> [TASK DESCRIPTION]
In the records below, find the line containing "q).live ≡ false)" and the line containing "promises of its"; please repeat exactly the lines from one to the other, both included, and nothing more.

> [Records drawn from a dataset]
+++

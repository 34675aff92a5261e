-- ===== src/TimerQueue/Round.antt =====
-- TimerQueue: `handleRead` as a whole.
use mynuduo.Base.{
  ℕ, ◌<◌, ◌≡◌, refl, sym, subst, ap, true, false, not, ◌&&◌, none, List, [], ◌∷◌, ◌++◌, ◌==◌, arith,
  if_rule, if◌then◌else◌,
}
use mynuduo.TimerQueue.{
  Seconds, TimerQueue, TimerId, Entry, has_id, id_of, erase_id, erase_expired, get_expired, run_all,
  reset, reset_all, next_expire, arm, how_much_time_from_now, read_timerfd, handle_read,
  is_valid_time,
}
use mynuduo.TimerQueue.Order.{Each, IsSorted, IsAddr, split_before-CutAt}
use mynuduo.TimerQueue.Store.{has_addr, Distinct, has_addr-append, has_id-erase_id}
use mynuduo.TimerQueue.Armed.{arm_lem, FiresBy}
use mynuduo.TimerQueue.Running.{Running, IsTimed}
use mynuduo.TimerQueue.Steps.{marks-Running, reset_all-Running}

Each-append : (P : Entry → Type 0) (xs ys : List Entry) → Each P (xs ++ ys) → Each P xs × Each P ys
Each-append P [] ys h = (tt, h)
Each-append P (x ∷ xs) ys h = let r = Each-append P xs ys h.1 in ((h.0, r.0), r.1)

Distinct-append :
    (xs ys : List Entry)
    → Distinct (xs ++ ys)
    → Distinct xs × Distinct ys × ((a : ℕ) → (has_addr a ys && has_addr a xs) ≡ false)
unfolding has_addr
Distinct-append [] ys d = (tt, d, λ a. ground arith)
Distinct-append (x ∷ xs) ys d =
    let (front, back, apart) = Distinct-append xs ys d.1 in
    (
      (ground (arith, has_addr-append x.addr xs ys, d.0), front),
      back,
      λ a. ground (arith, apart a, has_addr-append x.addr xs ys, d.0),
    )

module _ (s : Seconds) where
  -- Only `activeTimers_` changes.
  erase_expired-eq :
      (es : List Entry) (q : TimerQueue s)
      → erase_expired s es q ≡ record q { active = (erase_expired s es q).active }
  unfolding erase_expired
  erase_expired-eq [] q = refl
  erase_expired-eq (e ∷ es) q = erase_expired-eq es _

  has_id-erase_expired :
      (i : TimerId) (es : List Entry) (q : TimerQueue s)
      → has_id i (erase_expired s es q).active ≡ (
          has_id i q.active && not (has_addr i.addr es && (q.memory i.addr).sequence == i.sequence))
  unfolding erase_expired has_addr
  has_id-erase_expired i [] q = ground arith
  has_id-erase_expired i (e ∷ es) q =
      let q1 : TimerQueue s = record q { active = erase_id (id_of s q e.addr) q.active } in
      ground (arith, has_id-erase_expired i es q1, has_id-erase_id (id_of s q e.addr) i q.active)

  -- Idle timers, cut in two.
  cut-Running :
      (before rest : List Entry) (q : TimerQueue s)
      → before ++ rest ≡ q.timers
      → IsSorted rest
      → Running s [] q
      → Running s before (erase_expired s before (record q { timers = rest }))
  unfolding has_addr
  cut-Running before rest q whole sorted v =
      let (front, back, apart) =
        Distinct-append before rest (subst Distinct (sym whole) v.distinct) in
      let both = λ (a : ℕ). ap (has_addr a) (sym whole) in
      let q0 : TimerQueue s = record q { timers = rest } in
      subst (Running s before) (sym (erase_expired-eq before q0)) (record {
        sorted = sorted;
        distinct = back;
        timed =
            (Each-append (IsTimed s q.memory) before rest
              (subst (Each (IsTimed s q.memory)) (sym whole) v.timed)).1;
        valid =
            (Each-append (λ e. 0 < e.when) before rest
              (subst (Each (λ e. 0 < e.when)) (sym whole) v.valid)).1;
        real = (Each-append IsAddr before rest (subst (Each IsAddr) (sym whole) v.real)).1;
        in_hand = front;
        real_in_hand = (Each-append IsAddr before rest (subst (Each IsAddr) (sym whole) v.real)).0;
        apart = apart;
        live = λ a. ground (arith, v.live a, both a, has_addr-append a before rest);
        active = λ i. ground (
          arith,
          has_id-erase_expired i before q0,
          v.active i,
          both i.addr,
          apart i.addr,
          has_addr-append i.addr before rest,
        );
      })

  pub get_expired-Running :
      (now : ℕ) (q : TimerQueue s)
      → Running s [] q
      → Running s (get_expired s now q).0 (get_expired s now q).1
  unfolding get_expired
  get_expired-Running now q v =
      let c = split_before-CutAt now q.timers v.sorted v.real in
      cut-Running _ _ q c.whole c.sorted v

  -- Whatever timers `handleRead` has in hand, the callback of any of them keeps the rest in order.
  abbrev pub KeepsRunning : (ℕ → TimerQueue s → TimerQueue s) → Type 0
  KeepsRunning callback =
      (a : ℕ) (es : List Entry) (q : TimerQueue s) → Running s es q → Running s es (callback a q)

  run_all-Running :
      (callback : ℕ → TimerQueue s → TimerQueue s) (fs : List Entry) {es : List Entry}
      {q : TimerQueue s}
      → KeepsRunning callback
      → Running s es q
      → Running s es (run_all s callback fs q)
  unfolding run_all
  run_all-Running callback [] keeps v = v
  run_all-Running callback (f ∷ fs) {es} {q} keeps v =
      run_all-Running callback fs keeps (keeps f.addr es q v)

  -- Between two calls: no timer is in hand, and the timerfd is set for no later than the first, or than
  -- 100 microseconds after it was set.
  pub record Idle (q : TimerQueue s) : Type 0 where
    pub running : Running s [] q
    pub fires : FiresBy q.timers q.armed

  arm_first :
      (clock : ℕ) (ts : List Entry) (q : TimerQueue s)
      → let r : TimerQueue s = record q { timers = ts } in
        Running s [] r
        → Idle (if is_valid_time (next_expire s r) then arm s clock (next_expire s r) r else r)
  unfolding next_expire arm how_much_time_from_now
  arm_first clock [] q v = record { running = v; fires = tt }
  arm_first clock (e ∷ es) q v =
      if_rule Idle (is_valid_time (q.memory e.addr).expiration)
        (λ soon. record {
          running = marks-Running s _ _ _ v;
          fires = omega (arith, v.timed.0, arm_lem clock (q.memory e.addr).expiration);
        })
        λ never. absurd (ground (arith, v.timed.0, v.valid.0))

  pub reset-Idle :
      (es : List Entry) (now clock : ℕ) {q : TimerQueue s}
      → 0 < now
      → Running s es q
      → Idle (reset s es now clock q)
  unfolding reset
  reset-Idle es now clock {q} pos v =
      let r = reset_all s now es q in arm_first clock r.timers r (reset_all-Running s now es pos v)

  -- `handleRead`, at a time after the epoch, where the callbacks keep the timers that they find in
  -- order: afterwards they are in order, `activeTimers_` and memory hold exactly the timers of
  -- `timers_`, none lost and none dangling, and the timerfd, which has fired, is set again for no
  -- later than the first of them, or than 100 microseconds after it was set where that is later.
  pub handle_read-Idle :
      (now clock : ℕ) (callback : ℕ → TimerQueue s → TimerQueue s) (q : TimerQueue s)
      → 0 < now
      → KeepsRunning callback
      → Idle q
      → Idle (handle_read s now clock callback q)
  unfolding handle_read read_timerfd
  handle_read-Idle now clock callback q pos keeps v =
      let q0 = read_timerfd s q in
      let (expired, q1) = get_expired s now q0 in
      let g = get_expired-Running now q0 (marks-Running s none q.calling q.canceling v.running) in
      let called = run_all-Running callback expired keeps (marks-Running s q1.armed true [] g) in
      let q2 = run_all s callback expired (record q1 { calling = true; canceling = [] }) in
      reset-Idle expired now clock pos (marks-Running s q2.armed false q2.canceling called)
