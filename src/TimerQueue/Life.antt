-- ===== src/TimerQueue/Life.antt =====
-- TimerQueue: the timers from the constructor to the destructor.
use mynuduo.Base.{ℕ, ◌<◌, ◌≡◌, refl, false, not, ◌&&◌, List, [], ◌∷◌, arith}
use mynuduo.TimerQueue.{
  Seconds, TimerQueue, Timer, TimerId, Entry, new, add_timer, new_timer, cancel_in_loop,
  handle_read, has_id, addr_max, delete, delete_all, destruct,
}
use mynuduo.TimerQueue.Store.{has_addr, is_in, is_in-remove_addr}
use mynuduo.TimerQueue.Armed.{IsArmed, add_timer_in_loop-IsArmed, cancel_in_loop-IsArmed}
use mynuduo.TimerQueue.Running.{Running}
use mynuduo.TimerQueue.Steps.{add_timer-Running, cancel_in_loop-Running}
use mynuduo.TimerQueue.Round.{KeepsRunning, Idle, handle_read-Idle}

module _ (s : Seconds) where
  -- One call on the loop's thread, the only one that has the queue. `new` gives an address of the
  -- machine where no timer is alive.
  pub data Step (q : TimerQueue s) : TimerQueue s → Type 0 where
    adds :
        (clock a when : ℕ) (interval : s.Double)
        → is_in a q.live ≡ false
        → a < addr_max
        → 0 < when
        → Step q (add_timer s clock a when interval q).1
    cancels : (i : TimerId) → Step q (cancel_in_loop s i q)
    fires :
        (now clock : ℕ) (callback : ℕ → TimerQueue s → TimerQueue s)
        → 0 < now
        → KeepsRunning s callback
        → Step q (handle_read s now clock callback q)

  pub data Reach (m : ℕ → Timer s) : TimerQueue s → Type 0 where
    here : Reach m (new s m)
    next : {q t : TimerQueue s} → Reach m q → Step q t → Reach m t

  armed-Idle : {q : TimerQueue s} → Running s [] q → IsArmed s q → Idle s q
  armed-Idle v a = record { running = v; fires = a.fires }

  Step-Idle : {q t : TimerQueue s} → Step q t → Idle s q → Idle s t
  unfolding add_timer new_timer
  Step-Idle {q} (adds clock a when interval unused below soon) v =
      armed-Idle (add_timer-Running s clock a when interval v.running unused below soon) (
        add_timer_in_loop-IsArmed s clock a (new_timer s a when interval q)
          (record { sorted = v.running.sorted; fires = v.fires }))
  Step-Idle {q} (cancels i) v =
      armed-Idle (cancel_in_loop-Running s i v.running)
        (cancel_in_loop-IsArmed s i q (record { sorted = v.running.sorted; fires = v.fires }))
  Step-Idle {q} (fires now clock callback pos keeps) v =
      handle_read-Idle s now clock callback q pos keeps v

  new-Idle : (m : ℕ → Timer s) → Idle s (new s m)
  unfolding has_addr is_in has_id
  new-Idle m = record {
    running = record {
      sorted = tt;
      distinct = tt;
      timed = tt;
      valid = tt;
      real = tt;
      in_hand = tt;
      real_in_hand = tt;
      apart = λ a. refl;
      live = λ a. refl;
      active = λ i. refl;
    };
    fires = tt;
  }

  Reach-Idle_of : {m : ℕ → Timer s} {q : TimerQueue s} → Reach m q → Idle s q
  Reach-Idle_of {m} here = new-Idle m
  Reach-Idle_of (next r st) = Step-Idle st (Reach-Idle_of r)

  live-delete_all :
      (a : ℕ) (es : List Entry) (q : TimerQueue s)
      → is_in a (delete_all s es q).live ≡ (is_in a q.live && not (has_addr a es))
  unfolding delete_all delete has_addr
  live-delete_all a [] q = ground arith
  live-delete_all a (e ∷ es) q =
      ground (arith, live-delete_all a es (delete s e.addr q), is_in-remove_addr a e.addr q.live)

  -- In every state that a queue can reach by `addTimer`, `cancel` and `handleRead` on its loop's thread,
  -- with no `addTimer` from another thread, and with callbacks that keep the timers that they find in
  -- order: it is in order, with the timerfd set for no later than its first timer, or than 100
  -- microseconds after it was set where that is later, and its destructor deletes every timer that is
  -- alive.
  pub Reach-Idle :
      {m : ℕ → Timer s} {q : TimerQueue s}
      → Reach m q
      → Idle s q × ((a : ℕ) → is_in a (destruct s q).live ≡ false)
  unfolding destruct has_addr
  Reach-Idle {m} {q} r =
      let v = Reach-Idle_of r in
      (v, λ a. ground (arith, v.running.live a, live-delete_all a q.timers q))
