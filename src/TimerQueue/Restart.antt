-- ===== src/TimerQueue/Restart.antt =====
-- TimerQueue: which of the expired timers `reset` puts back.
use mynuduo.Base.{
  ==_iff, sym, subst, ℕ, ◌<◌, ◌≡◌, refl, ap, ap₂, ◌∙◌, Bool, true, false, not, ◌&&◌, ◌||◌, List, [],
  ◌∷◌, ◌==◌, arith, if_rule, if◌then◌else◌, Bool-cases, inl, inr,
}
use mynuduo.TimerQueue.{
  Seconds, TimerQueue, Timer, TimerId, Entry, has_id, id_of, insert, delete, restart, reset,
  reset_one, reset_all, cancel_in_loop, insert_id, arm, next_expire, is_valid_time,
}
use mynuduo.TimerQueue.Store.{has_addr, is_in, has_addr-insert_entry, has_id-insert_id}
use mynuduo.TimerQueue.Running.{Running, hand_fresh}
use mynuduo.TimerQueue.Steps.{cancel_in_loop-Running, reset_one-Running}
use mynuduo.TimerQueue.Round.{reset-Idle}

module _ (s : Seconds) where
  -- Whether `reset` puts an expired timer back: it repeats, and no callback has cancelled it.
  abbrev pub goes_on : TimerQueue s → ℕ → Bool
  goes_on q a = (q.memory a).repeat && not (has_id (id_of s q a) q.canceling)

  -- What `reset` promises of its result `t` for the expired timers `es`.
  pub record Restarted (now : ℕ) (es : List Entry) (q t : TimerQueue s) : Type 0 where
    pub waiting :
        (a : ℕ) → has_addr a t.timers ≡ (has_addr a q.timers || (has_addr a es && goes_on q a))
    pub memory :
        (a : ℕ)
        → t.memory a
          ≡ (if has_addr a es && goes_on q a then restart s now (q.memory a) else q.memory a)
    pub canceling : t.canceling ≡ q.canceling

  same_timer :
      (q : TimerQueue s) (b a : ℕ)
      → (b == a) ≡ true
      → (goes_on q a ≡ goes_on q b) × (q.memory a ≡ q.memory b)
  same_timer q b a h = let e = (==_iff b a).0 h in (ap (goes_on q) (sym e), ap q.memory (sym e))

  one-Restarted :
      (now : ℕ) (e : Entry) (es : List Entry) (q : TimerQueue s)
      → Running s (e ∷ es) q
      → Restarted now (e ∷ []) q (reset_one s now e q)
  unfolding reset_one insert delete has_addr
  one-Restarted now e es q v =
      let x : Entry = record {
        when = (restart s now (q.memory e.addr)).expiration;
        addr = e.addr;
      } in
      let out = hand_fresh s e v in
      if_rule (Restarted now (e ∷ []) q) (goes_on q e.addr)
        (λ yes_. record {
          waiting = λ a.
              ground (arith, has_addr-insert_entry a x q.timers out, same_timer q e.addr a, out);
          memory = λ a. ground (arith, same_timer q e.addr a);
          canceling = refl;
        })
        λ no_. record {
          waiting = λ a. ground (arith, same_timer q e.addr a);
          memory = λ a. ground (arith, same_timer q e.addr a);
          canceling = refl;
        }

  -- One step does not touch another timer.
  other_timer :
      (now : ℕ) (e : Entry) (q t : TimerQueue s) (a : ℕ)
      → Restarted now (e ∷ []) q t
      → (e.addr == a) ≡ false
      → (t.memory a ≡ q.memory a) × (goes_on t a ≡ goes_on q a)
  unfolding has_addr
  other_timer now e q t a r other =
      let same : t.memory a ≡ q.memory a = ground (arith, r.memory a) in
      (
        same,
        ap₂
            (λ (m : Timer s) (c : List TimerId).
              m.repeat && not (has_id (record { addr = a; sequence = m.sequence }) c))
            same r.canceling,
      )

  all-Restarted :
      (now : ℕ) (es : List Entry) (q : TimerQueue s)
      → 0 < now
      → Running s es q
      → Restarted now es q (reset_all s now es q)
  unfolding reset_all has_addr
  all-Restarted now [] q pos v = record {
    waiting = λ a. ground arith;
    memory = λ a. refl;
    canceling = refl;
  }
  all-Restarted now (e ∷ es) q pos v =
      let q1 = reset_one s now e q in
      let first = one-Restarted now e es q v in
      let later = all-Restarted now es q1 pos (reset_one-Running s now e pos v) in
      let not_again = λ (a : ℕ) (same : (e.addr == a) ≡ true).
        ap (λ b. has_addr b es) (sym ((==_iff e.addr a).0 same)) ∙ v.in_hand.0 in
      record {
        waiting = λ a. elim (Bool-cases (e.addr == a)) [
          | inl same ↦ ground (arith, later.waiting a, first.waiting a, not_again a same)
          | inr other ↦
              ground
                (arith, later.waiting a, first.waiting a, (other_timer now e q q1 a first other).1)
        ];
        memory = λ a. elim (Bool-cases (e.addr == a)) [
          | inl same ↦ ground (arith, later.memory a, first.memory a, not_again a same)
          | inr other ↦ ground (arith, later.memory a, other_timer now e q q1 a first other)
        ];
        canceling = later.canceling ∙ first.canceling;
      }

  arm-Restarted :
      (now clock : ℕ) (es : List Entry) (q t : TimerQueue s)
      → Restarted now es q t
      → Restarted now es q
          (if is_valid_time (next_expire s t) then arm s clock (next_expire s t) t else t)
  unfolding arm
  arm-Restarted now clock es q t r =
      if_rule (Restarted now es q) (is_valid_time (next_expire s t))
        (λ _. record { waiting = r.waiting; memory = r.memory; canceling = r.canceling }) λ _. r

  -- `reset`, at a time after the epoch, with expired timers in hand: it puts back exactly those that
  -- repeat and that no callback has cancelled, each at `now` and its interval, and every other timer
  -- stays as it is.
  pub reset-Restarted :
      (now clock : ℕ) (es : List Entry) (q : TimerQueue s)
      → 0 < now
      → Running s es q
      → Restarted now es q (reset s es now clock q)
  unfolding reset
  reset-Restarted now clock es q pos v =
      arm-Restarted now clock es q (reset_all s now es q) (all-Restarted now es q pos v)

  -- A cancellation of a timer in hand is noted.
  noted :
      (es : List Entry) (i : TimerId) (q : TimerQueue s)
      → Running s es q
      → q.calling ≡ true
      → has_addr i.addr es ≡ true
      → cancel_in_loop s i q ≡ record q { canceling = insert_id i q.canceling }
  unfolding cancel_in_loop
  noted es i q v calling hand =
      let Noted : TimerQueue s → Type 0 =
        λ t. t ≡ record q { canceling = insert_id i q.canceling } in
      if_rule Noted (has_id i q.active)
        (λ known. absurd (ground (arith, v.active i, v.apart i.addr)))
        λ _. if_rule Noted q.calling (λ _. refl) λ idle. absurd (ground arith)

  -- A timer that is cancelled while `handleRead` has it in hand, as by its own callback, is not put
  -- back and does not stay in memory, though it repeats.
  pub reset-cancel_in_loop :
      (now clock : ℕ) (es : List Entry) (i : TimerId) (q : TimerQueue s)
      → 0 < now
      → Running s es q
      → q.calling ≡ true
      → has_addr i.addr es ≡ true
      → (q.memory i.addr).sequence ≡ i.sequence
      → let t = reset s es now clock (cancel_in_loop s i q) in
        (has_addr i.addr t.timers ≡ false) × (is_in i.addr t.live ≡ false)
  unfolding has_addr
  reset-cancel_in_loop now clock es i q pos v calling hand seq =
      let t = reset s es now clock (cancel_in_loop s i q) in
      let w = cancel_in_loop-Running s i v in
      let r = reset-Restarted now clock es (cancel_in_loop s i q) pos w in
      let e = noted es i q v calling hand in
      let stops : goes_on (cancel_in_loop s i q) i.addr ≡ false =
        subst (λ (x : TimerQueue s). goes_on x i.addr ≡ false) (sym e)
          (ground (arith, has_id-insert_id i (id_of s q i.addr) q.canceling)) in
      let out : has_addr i.addr (cancel_in_loop s i q).timers ≡ false =
        subst (λ (x : TimerQueue s). has_addr i.addr x.timers ≡ false) (sym e)
          (ground (arith, v.apart i.addr)) in
      let gone : has_addr i.addr t.timers ≡ false = ground (arith, r.waiting i.addr, stops, out) in
      (gone, ground (arith, (reset-Idle s es now clock pos w).running.live i.addr, gone))
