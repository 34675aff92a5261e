-- ===== src/TimerQueue/RunAt.antt =====
-- EventLoop.cc: `runAt` and `runAfter` on the loop's thread. `queue` is `timerQueue_`, which may be null;
-- the result `none` is the call through a null pointer. `nought` is the `double` 0.0.
use mynuduo.Base.{ℕ, Option, none, some}
use mynuduo.TimerQueue.{Seconds, TimerId, TimerQueue, add_time, add_timer}

module _ (s : Seconds) (nought : s.Double) where
  pub run_at : Option (TimerQueue s) → ℕ → ℕ → ℕ → Option (TimerId × TimerQueue s)
  run_at none clock a time = none
  run_at (some q) clock a time = some (add_timer s clock a time nought q)

  pub run_after : Option (TimerQueue s) → ℕ → ℕ → ℕ → s.Double → Option (TimerId × TimerQueue s)
  unfolding run_at
  run_after queue clock a now delay = run_at queue clock a (add_time s now delay)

+++

> [WORKED SOLUTION]
      → Idle s q × ((a : ℕ) → is_in a (destruct s q).live ≡ false)
  unfolding destruct has_addr
  Reach-Idle {m} {q} r =
      let v = Reach-Idle_of r in
      (v, λ a. ground (arith, v.running.live a, live-delete_all a q.timers q))
filename src/TimerQueue/Restart.antt
-- ===== src/TimerQueue/Restart.antt =====
-- TimerQueue: which of the expired timers `reset` puts back.
use mynuduo.Base.{
  ==_iff, sym, subst, ℕ, ◌<◌, ◌≡◌, refl, ap, ap₂, ◌∙◌, Bool, true, false, not, ◌&&◌, ◌||◌, List, [],
  ◌∷◌, ◌==◌, arith, if_rule, if◌then◌else◌, Bool-cases, inl, inr,
}
use mynuduo.TimerQueue.{
  Seconds, TimerQueue, Timer, TimerId, Entry, has_id, id_of, insert, delete, restart, reset,
  reset_one, reset_all, cancel_in_loop, insert_id, arm, next_expire, is_valid_time,
}
use mynuduo.TimerQueue.Store.{has_addr, is_in, has_addr-insert_entry, has_id-insert_id}
use mynuduo.TimerQueue.Running.{Running, hand_fresh}
use mynuduo.TimerQueue.Steps.{cancel_in_loop-Running, reset_one-Running}
use mynuduo.TimerQueue.Round.{reset-Idle}

module _ (s : Seconds) where
  -- Whether `reset` puts an expired timer back: it repeats, and no callback has cancelled it.
  abbrev pub goes_on : TimerQueue s → ℕ → Bool
  goes_on q a = (q.memory a).repeat && not (has_id (id_of s q a) q.canceling)

  -- What `reset` promises of its result `t` for the expired timers `es`.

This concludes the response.